=== ACTION ITEM ===
Within the listing below, filter for "Wire" and copy every matching line.

=== DATA SUPPLIED ===
╔══

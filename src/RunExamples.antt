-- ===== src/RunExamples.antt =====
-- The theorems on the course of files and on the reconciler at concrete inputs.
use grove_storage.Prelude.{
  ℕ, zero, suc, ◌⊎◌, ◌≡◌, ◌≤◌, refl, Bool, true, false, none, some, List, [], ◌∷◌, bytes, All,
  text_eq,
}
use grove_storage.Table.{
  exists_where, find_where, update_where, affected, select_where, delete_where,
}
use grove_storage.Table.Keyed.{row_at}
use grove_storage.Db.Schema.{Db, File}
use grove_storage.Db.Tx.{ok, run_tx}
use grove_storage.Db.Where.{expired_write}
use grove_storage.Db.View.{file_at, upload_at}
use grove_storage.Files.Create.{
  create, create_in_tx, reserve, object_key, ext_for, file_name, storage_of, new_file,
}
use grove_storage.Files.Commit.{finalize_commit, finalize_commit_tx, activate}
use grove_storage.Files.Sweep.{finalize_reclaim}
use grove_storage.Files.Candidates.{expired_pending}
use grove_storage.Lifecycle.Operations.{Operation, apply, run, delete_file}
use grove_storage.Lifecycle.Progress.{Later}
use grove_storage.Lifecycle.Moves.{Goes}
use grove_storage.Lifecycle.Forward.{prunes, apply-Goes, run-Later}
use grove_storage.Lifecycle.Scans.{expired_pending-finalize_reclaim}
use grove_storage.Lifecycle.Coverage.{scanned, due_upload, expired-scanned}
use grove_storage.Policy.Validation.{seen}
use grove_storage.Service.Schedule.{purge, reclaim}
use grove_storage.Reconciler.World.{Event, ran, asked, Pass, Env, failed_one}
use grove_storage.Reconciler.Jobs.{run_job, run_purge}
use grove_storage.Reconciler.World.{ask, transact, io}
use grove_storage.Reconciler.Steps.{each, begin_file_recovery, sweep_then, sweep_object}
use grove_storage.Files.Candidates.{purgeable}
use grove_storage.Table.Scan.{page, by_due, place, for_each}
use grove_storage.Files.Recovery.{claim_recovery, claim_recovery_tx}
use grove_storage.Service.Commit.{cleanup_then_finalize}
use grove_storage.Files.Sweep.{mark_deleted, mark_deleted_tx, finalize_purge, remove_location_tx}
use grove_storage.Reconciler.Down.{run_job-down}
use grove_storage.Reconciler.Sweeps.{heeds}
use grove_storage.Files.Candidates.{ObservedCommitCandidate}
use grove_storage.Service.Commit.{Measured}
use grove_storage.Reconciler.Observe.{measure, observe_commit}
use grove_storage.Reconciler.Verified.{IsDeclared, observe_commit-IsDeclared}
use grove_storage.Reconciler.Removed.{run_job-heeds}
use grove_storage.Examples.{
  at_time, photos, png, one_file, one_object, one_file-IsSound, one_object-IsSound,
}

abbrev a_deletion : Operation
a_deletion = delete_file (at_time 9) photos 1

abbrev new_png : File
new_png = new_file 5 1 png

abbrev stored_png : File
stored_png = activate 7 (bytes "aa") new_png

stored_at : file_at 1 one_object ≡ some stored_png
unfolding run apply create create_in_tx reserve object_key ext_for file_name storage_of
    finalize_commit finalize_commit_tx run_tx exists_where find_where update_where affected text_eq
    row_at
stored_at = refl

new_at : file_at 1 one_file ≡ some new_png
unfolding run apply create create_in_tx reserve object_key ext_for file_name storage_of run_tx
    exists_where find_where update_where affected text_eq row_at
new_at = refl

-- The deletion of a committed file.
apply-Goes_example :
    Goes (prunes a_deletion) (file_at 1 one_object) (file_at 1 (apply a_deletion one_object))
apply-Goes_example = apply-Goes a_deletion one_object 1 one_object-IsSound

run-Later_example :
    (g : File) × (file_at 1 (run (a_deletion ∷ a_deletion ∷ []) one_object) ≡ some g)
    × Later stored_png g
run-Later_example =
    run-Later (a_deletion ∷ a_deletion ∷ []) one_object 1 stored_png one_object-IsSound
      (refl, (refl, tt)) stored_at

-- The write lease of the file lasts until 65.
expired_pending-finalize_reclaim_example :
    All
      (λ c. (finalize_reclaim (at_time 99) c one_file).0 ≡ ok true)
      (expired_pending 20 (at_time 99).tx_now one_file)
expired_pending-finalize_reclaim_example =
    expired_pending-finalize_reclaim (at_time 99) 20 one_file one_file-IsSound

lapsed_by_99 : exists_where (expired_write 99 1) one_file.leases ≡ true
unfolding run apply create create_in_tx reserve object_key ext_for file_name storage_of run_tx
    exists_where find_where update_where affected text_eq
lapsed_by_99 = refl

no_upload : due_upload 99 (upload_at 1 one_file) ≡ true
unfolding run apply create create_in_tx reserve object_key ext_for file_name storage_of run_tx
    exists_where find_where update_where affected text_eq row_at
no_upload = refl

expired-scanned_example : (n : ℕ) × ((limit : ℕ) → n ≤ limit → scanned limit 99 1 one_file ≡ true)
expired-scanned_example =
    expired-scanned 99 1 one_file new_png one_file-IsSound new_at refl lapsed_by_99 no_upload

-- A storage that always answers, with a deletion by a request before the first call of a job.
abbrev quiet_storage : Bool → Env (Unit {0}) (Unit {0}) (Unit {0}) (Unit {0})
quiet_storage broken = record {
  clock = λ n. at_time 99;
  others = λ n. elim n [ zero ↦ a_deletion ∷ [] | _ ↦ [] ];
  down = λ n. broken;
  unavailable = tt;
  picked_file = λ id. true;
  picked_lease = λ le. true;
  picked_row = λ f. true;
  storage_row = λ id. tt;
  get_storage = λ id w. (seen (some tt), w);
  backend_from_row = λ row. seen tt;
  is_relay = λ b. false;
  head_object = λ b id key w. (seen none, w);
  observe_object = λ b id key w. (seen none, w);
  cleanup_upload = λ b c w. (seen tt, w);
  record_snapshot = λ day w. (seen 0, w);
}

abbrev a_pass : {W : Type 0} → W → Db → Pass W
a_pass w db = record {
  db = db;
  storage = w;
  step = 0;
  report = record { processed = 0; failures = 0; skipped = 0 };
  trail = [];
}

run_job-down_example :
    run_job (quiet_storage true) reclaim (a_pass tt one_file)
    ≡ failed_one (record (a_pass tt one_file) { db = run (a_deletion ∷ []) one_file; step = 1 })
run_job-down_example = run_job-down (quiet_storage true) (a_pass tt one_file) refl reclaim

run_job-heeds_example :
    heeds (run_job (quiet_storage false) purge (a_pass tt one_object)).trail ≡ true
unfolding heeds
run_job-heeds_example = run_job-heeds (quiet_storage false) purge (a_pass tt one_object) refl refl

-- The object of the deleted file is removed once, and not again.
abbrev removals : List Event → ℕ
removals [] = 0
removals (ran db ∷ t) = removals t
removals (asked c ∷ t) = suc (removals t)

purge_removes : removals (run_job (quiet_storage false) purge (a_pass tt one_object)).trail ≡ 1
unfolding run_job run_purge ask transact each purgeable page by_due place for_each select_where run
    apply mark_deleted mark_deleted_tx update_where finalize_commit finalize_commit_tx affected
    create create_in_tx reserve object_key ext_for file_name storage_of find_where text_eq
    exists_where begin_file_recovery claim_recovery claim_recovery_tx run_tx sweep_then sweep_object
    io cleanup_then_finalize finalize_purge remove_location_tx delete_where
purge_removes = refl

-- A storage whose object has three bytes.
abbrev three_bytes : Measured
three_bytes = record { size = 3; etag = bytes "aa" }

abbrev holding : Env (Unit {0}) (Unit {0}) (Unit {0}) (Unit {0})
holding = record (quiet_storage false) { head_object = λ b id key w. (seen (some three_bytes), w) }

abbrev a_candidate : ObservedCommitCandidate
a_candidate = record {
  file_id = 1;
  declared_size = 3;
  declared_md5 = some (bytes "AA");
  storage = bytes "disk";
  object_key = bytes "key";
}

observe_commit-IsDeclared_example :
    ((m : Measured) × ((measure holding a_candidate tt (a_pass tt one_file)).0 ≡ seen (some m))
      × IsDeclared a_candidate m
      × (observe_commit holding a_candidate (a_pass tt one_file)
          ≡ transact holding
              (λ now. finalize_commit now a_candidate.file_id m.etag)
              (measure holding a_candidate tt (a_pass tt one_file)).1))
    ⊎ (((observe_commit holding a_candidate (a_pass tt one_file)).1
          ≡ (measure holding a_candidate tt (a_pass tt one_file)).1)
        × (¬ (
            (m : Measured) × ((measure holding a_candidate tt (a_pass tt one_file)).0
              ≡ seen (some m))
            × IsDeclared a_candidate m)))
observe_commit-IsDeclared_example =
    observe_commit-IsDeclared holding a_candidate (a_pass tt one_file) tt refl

╚══
╔══

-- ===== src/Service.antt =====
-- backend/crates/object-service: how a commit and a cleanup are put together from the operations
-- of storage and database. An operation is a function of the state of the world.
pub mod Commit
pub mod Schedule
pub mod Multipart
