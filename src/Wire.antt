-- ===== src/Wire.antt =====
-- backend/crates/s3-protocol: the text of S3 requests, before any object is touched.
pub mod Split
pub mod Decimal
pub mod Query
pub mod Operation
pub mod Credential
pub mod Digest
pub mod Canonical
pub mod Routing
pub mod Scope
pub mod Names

╚══

=== WRITTEN SOLUTION ===
filename src/Wire.antt
-- ===== src/Wire.antt =====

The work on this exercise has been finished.